• _Work instructions_
Please repeat the data exactly, leaving nothing out.

• _Given data_

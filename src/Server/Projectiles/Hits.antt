-- ===== src/Server/Projectiles/Hits.antt =====
-- After the spears of a tick every mob that is left is alive, and no player's hit points leave their
-- range.
use lodeen.Base.{
  ℕ, ◌≡◌, refl, String, List, [], ◌∷◌, Option, none, some, arith, inl, inr, Bool-cases,
  Option-cases,
}
use mathlib.Core.Path.{subst}
use lodeen.Base.Int.{pos, ◌≤ℤ◌, ◌<ℤ◌, ◌-ℤ◌, wrap_int, int_sub, leb_ℤ}
use lodeen.Base.Map.{
  Map, lookup, insert, AllValues, insert-AllValues, erase-AllValues, lookup-AllValues,
}
use lodeen.Base.Float.{Float}
use lodeen.Protocol.Geometry.{Vector3}
use lodeen.Server.State.{Client, Server, Mob, Projectile}
use lodeen.Server.Client.{enqueue, damage}
use lodeen.Server.Mobs.{Fresh}
use lodeen.Server.Projectiles.{
  mob_attack_damage, apply_mob_hit, apply_mob_hits, move_projectile, try_projectile_hit_client,
  advance_projectiles, tick_projectiles, snapshot_mob_positions,
}

module _ {F : Type 0} where
  abbrev pub IsAlive : Mob F → Type 0
  IsAlive m = pos 0 <ℤ m.hp

  -- Hit points from 0 to 100.
  abbrev pub HasHitPoints : Client F → Type 0
  HasHitPoints c = (pos 0 ≤ℤ c.hp) × (c.hp ≤ℤ pos 100)

  apply_mob_hit-IsAlive :
      (id : String) (o : Option (Mob F)) (mobs : Map (Mob F))
      → AllValues IsAlive mobs
      → AllValues IsAlive (apply_mob_hit id o mobs).0
  unfolding apply_mob_hit
  apply_mob_hit-IsAlive id none mobs h = h
  apply_mob_hit-IsAlive id (some m) mobs h =
      let hp = int_sub m.hp mob_attack_damage in
      elim (Bool-cases (leb_ℤ hp (pos 0))) [
        | inl dead ↦ rw (dead) (erase-AllValues IsAlive id mobs h)
        | inr alive ↦
            let m' : Mob F = record m { hp = hp } in
            let lives : IsAlive m' = ground (arith, alive) in
            rw (alive) (insert-AllValues IsAlive id m' mobs h lives)
      ]

  apply_mob_hits-IsAlive :
      (hits : List String) (mobs : Map (Mob F))
      → AllValues IsAlive mobs
      → AllValues IsAlive (apply_mob_hits hits mobs).0
  unfolding apply_mob_hits
  apply_mob_hits-IsAlive [] mobs h = h
  apply_mob_hits-IsAlive (id ∷ hits) mobs h =
      apply_mob_hits-IsAlive hits (apply_mob_hit id (lookup id mobs) mobs).0
        (apply_mob_hit-IsAlive id (lookup id mobs) mobs h)

  damage-HasHitPoints :
      (now : ℕ) (c : Client F) → HasHitPoints c → HasHitPoints (damage now mob_attack_damage c)
  unfolding damage enqueue int_sub wrap_int ◌-ℤ◌
  damage-HasHitPoints now c h = ground (arith, h)

module _ {F : Type 0} ⦃fl : Float F⦄ where
  hit_client-HasHitPoints :
      (now : ℕ) (p : Projectile F) (o : Option (Client F)) (clients out : Map (Client F))
      → lookup p.target_id clients ≡ o
      → AllValues HasHitPoints clients
      → try_projectile_hit_client now p o clients ≡ some out
      → AllValues HasHitPoints out
  unfolding try_projectile_hit_client
  hit_client-HasHitPoints now p none clients out k h e = absurd (ground (arith, e))
  hit_client-HasHitPoints now p (some c) clients out k h e =
      let c' = damage now mob_attack_damage c in
      let hurt =
        damage-HasHitPoints now c (lookup-AllValues HasHitPoints p.target_id c clients h k) in
      let same : insert p.target_id c' clients ≡ out = ground (arith, e) in
      subst (AllValues HasHitPoints) same
        (insert-AllValues HasHitPoints p.target_id c' clients h hurt)

  advance_projectiles-HasHitPoints :
      (now : ℕ) (dt : F) (mob_pos : Map (Vector3 F)) (ps : Map (Projectile F))
      (clients : Map (Client F))
      → AllValues HasHitPoints clients
      → AllValues HasHitPoints (advance_projectiles now dt mob_pos ps clients).clients
  unfolding advance_projectiles
  advance_projectiles-HasHitPoints now dt mob_pos [] clients h = h
  advance_projectiles-HasHitPoints now dt mob_pos ((id, p) ∷ ps) clients h =
      let q = move_projectile dt p in
      let rest = advance_projectiles-HasHitPoints now dt mob_pos ps clients h in
      elim (Option-cases (try_projectile_hit_client now q (lookup q.target_id clients) clients)) [
        | inl missed ↦ ground (arith, missed, rest)
        | inr (out, hit) ↦
            let hurt =
              hit_client-HasHitPoints now q (lookup q.target_id clients) clients out refl h hit in
            ground (arith, hit, rest, advance_projectiles-HasHitPoints now dt mob_pos ps out hurt)
      ]

  -- A tick of the spears keeps the hit points of every player from 0 to 100, and every mob that is
  -- left after it is alive, when all were before it.
  pub tick_projectiles-IsAlive :
      (fresh : ℕ → ℕ → Fresh F) (now : ℕ) (dt : F) (s : Server F)
      → AllValues HasHitPoints s.clients
      → AllValues IsAlive s.mobs
      → AllValues HasHitPoints (tick_projectiles fresh now dt s).clients
        × AllValues IsAlive (tick_projectiles fresh now dt s).mobs
  unfolding tick_projectiles
  tick_projectiles-IsAlive fresh now dt s h k =
      let positions = snapshot_mob_positions s.mobs in
      let flight = advance_projectiles now dt positions s.projectiles s.clients in
      (
        advance_projectiles-HasHitPoints now dt positions s.projectiles s.clients h,
        apply_mob_hits-IsAlive flight.hits s.mobs k,
      )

• _Answer to this task_
filename src/Server/Projectiles/Hits.antt
-- ===== src/Server/Projectiles/Hits.antt =====
-- After the spears of a tick every mob that is left is alive, and no player's hit points leave their
-- range.
use lodeen.Base.{
  ℕ, ◌≡◌, refl, String, List, [], ◌∷◌, Option, none, some, arith, inl, inr, Bool-cases,
  Option-cases,
}
use mathlib.Core.Path.{subst}
use lodeen.Base.Int.{pos, ◌≤ℤ◌, ◌<ℤ◌, ◌-ℤ◌, wrap_int, int_sub, leb_ℤ}
use lodeen.Base.Map.{
  Map, lookup, insert, AllValues, insert-AllValues, erase-AllValues, lookup-AllValues,
}
use lodeen.Base.Float.{Float}
use lodeen.Protocol.Geometry.{Vector3}
use lodeen.Server.State.{Client, Server, Mob, Projectile}
use lodeen.Server.Client.{enqueue, damage}
use lodeen.Server.Mobs.{Fresh}
use lodeen.Server.Projectiles.{
  mob_attack_damage, apply_mob_hit, apply_mob_hits, move_projectile, try_projectile_hit_client,
  advance_projectiles, tick_projectiles, snapshot_mob_positions,
}

module _ {F : Type 0} where
  abbrev pub IsAlive : Mob F → Type 0
  IsAlive m = pos 0 <ℤ m.hp

  -- Hit points from 0 to 100.
  abbrev pub HasHitPoints : Client F → Type 0
  HasHitPoints c = (pos 0 ≤ℤ c.hp) × (c.hp ≤ℤ pos 100)

  apply_mob_hit-IsAlive :
      (id : String) (o : Option (Mob F)) (mobs : Map (Mob F))
      → AllValues IsAlive mobs
      → AllValues IsAlive (apply_mob_hit id o mobs).0
  unfolding apply_mob_hit
  apply_mob_hit-IsAlive id none mobs h = h
  apply_mob_hit-IsAlive id (some m) mobs h =
      let hp = int_sub m.hp mob_attack_damage in
      elim (Bool-cases (leb_ℤ hp (pos 0))) [
        | inl dead ↦ rw (dead) (erase-AllValues IsAlive id mobs h)
        | inr alive ↦
            let m' : Mob F = record m { hp = hp } in
            let lives : IsAlive m' = ground (arith, alive) in
            rw (alive) (insert-AllValues IsAlive id m' mobs h lives)
      ]

  apply_mob_hits-IsAlive :
      (hits : List String) (mobs : Map (Mob F))
      → AllValues IsAlive mobs
      → AllValues IsAlive (apply_mob_hits hits mobs).0
  unfolding apply_mob_hits
  apply_mob_hits-IsAlive [] mobs h = h
  apply_mob_hits-IsAlive (id ∷ hits) mobs h =
      apply_mob_hits-IsAlive hits (apply_mob_hit id (lookup id mobs) mobs).0
        (apply_mob_hit-IsAlive id (lookup id mobs) mobs h)

  damage-HasHitPoints :
      (now : ℕ) (c : Client F) → HasHitPoints c → HasHitPoints (damage now mob_attack_damage c)
  unfolding damage enqueue int_sub wrap_int ◌-ℤ◌
  damage-HasHitPoints now c h = ground (arith, h)

module _ {F : Type 0} ⦃fl : Float F⦄ where
  hit_client-HasHitPoints :
      (now : ℕ) (p : Projectile F) (o : Option (Client F)) (clients out : Map (Client F))
      → lookup p.target_id clients ≡ o
      → AllValues HasHitPoints clients
      → try_projectile_hit_client now p o clients ≡ some out
      → AllValues HasHitPoints out
  unfolding try_projectile_hit_client
  hit_client-HasHitPoints now p none clients out k h e = absurd (ground (arith, e))
  hit_client-HasHitPoints now p (some c) clients out k h e =
      let c' = damage now mob_attack_damage c in
      let hurt =
        damage-HasHitPoints now c (lookup-AllValues HasHitPoints p.target_id c clients h k) in
      let same : insert p.target_id c' clients ≡ out = ground (arith, e) in
      subst (AllValues HasHitPoints) same
        (insert-AllValues HasHitPoints p.target_id c' clients h hurt)

  advance_projectiles-HasHitPoints :
      (now : ℕ) (dt : F) (mob_pos : Map (Vector3 F)) (ps : Map (Projectile F))
      (clients : Map (Client F))
      → AllValues HasHitPoints clients
      → AllValues HasHitPoints (advance_projectiles now dt mob_pos ps clients).clients
  unfolding advance_projectiles
  advance_projectiles-HasHitPoints now dt mob_pos [] clients h = h
  advance_projectiles-HasHitPoints now dt mob_pos ((id, p) ∷ ps) clients h =
      let q = move_projectile dt p in
      let rest = advance_projectiles-HasHitPoints now dt mob_pos ps clients h in
      elim (Option-cases (try_projectile_hit_client now q (lookup q.target_id clients) clients)) [
        | inl missed ↦ ground (arith, missed, rest)
        | inr (out, hit) ↦
            let hurt =
              hit_client-HasHitPoints now q (lookup q.target_id clients) clients out refl h hit in
            ground (arith, hit, rest, advance_projectiles-HasHitPoints now dt mob_pos ps out hurt)
      ]

  -- A tick of the spears keeps the hit points of every player from 0 to 100, and every mob that is
  -- left after it is alive, when all were before it.
  pub tick_projectiles-IsAlive :
      (fresh : ℕ → ℕ → Fresh F) (now : ℕ) (dt : F) (s : Server F)
      → AllValues HasHitPoints s.clients
      → AllValues IsAlive s.mobs
      → AllValues HasHitPoints (tick_projectiles fresh now dt s).clients
        × AllValues IsAlive (tick_projectiles fresh now dt s).mobs
  unfolding tick_projectiles
  tick_projectiles-IsAlive fresh now dt s h k =
      let positions = snapshot_mob_positions s.mobs in
      let flight = advance_projectiles now dt positions s.projectiles s.clients in
      (
        advance_projectiles-HasHitPoints now dt positions s.projectiles s.clients h,
        apply_mob_hits-IsAlive flight.hits s.mobs k,
      )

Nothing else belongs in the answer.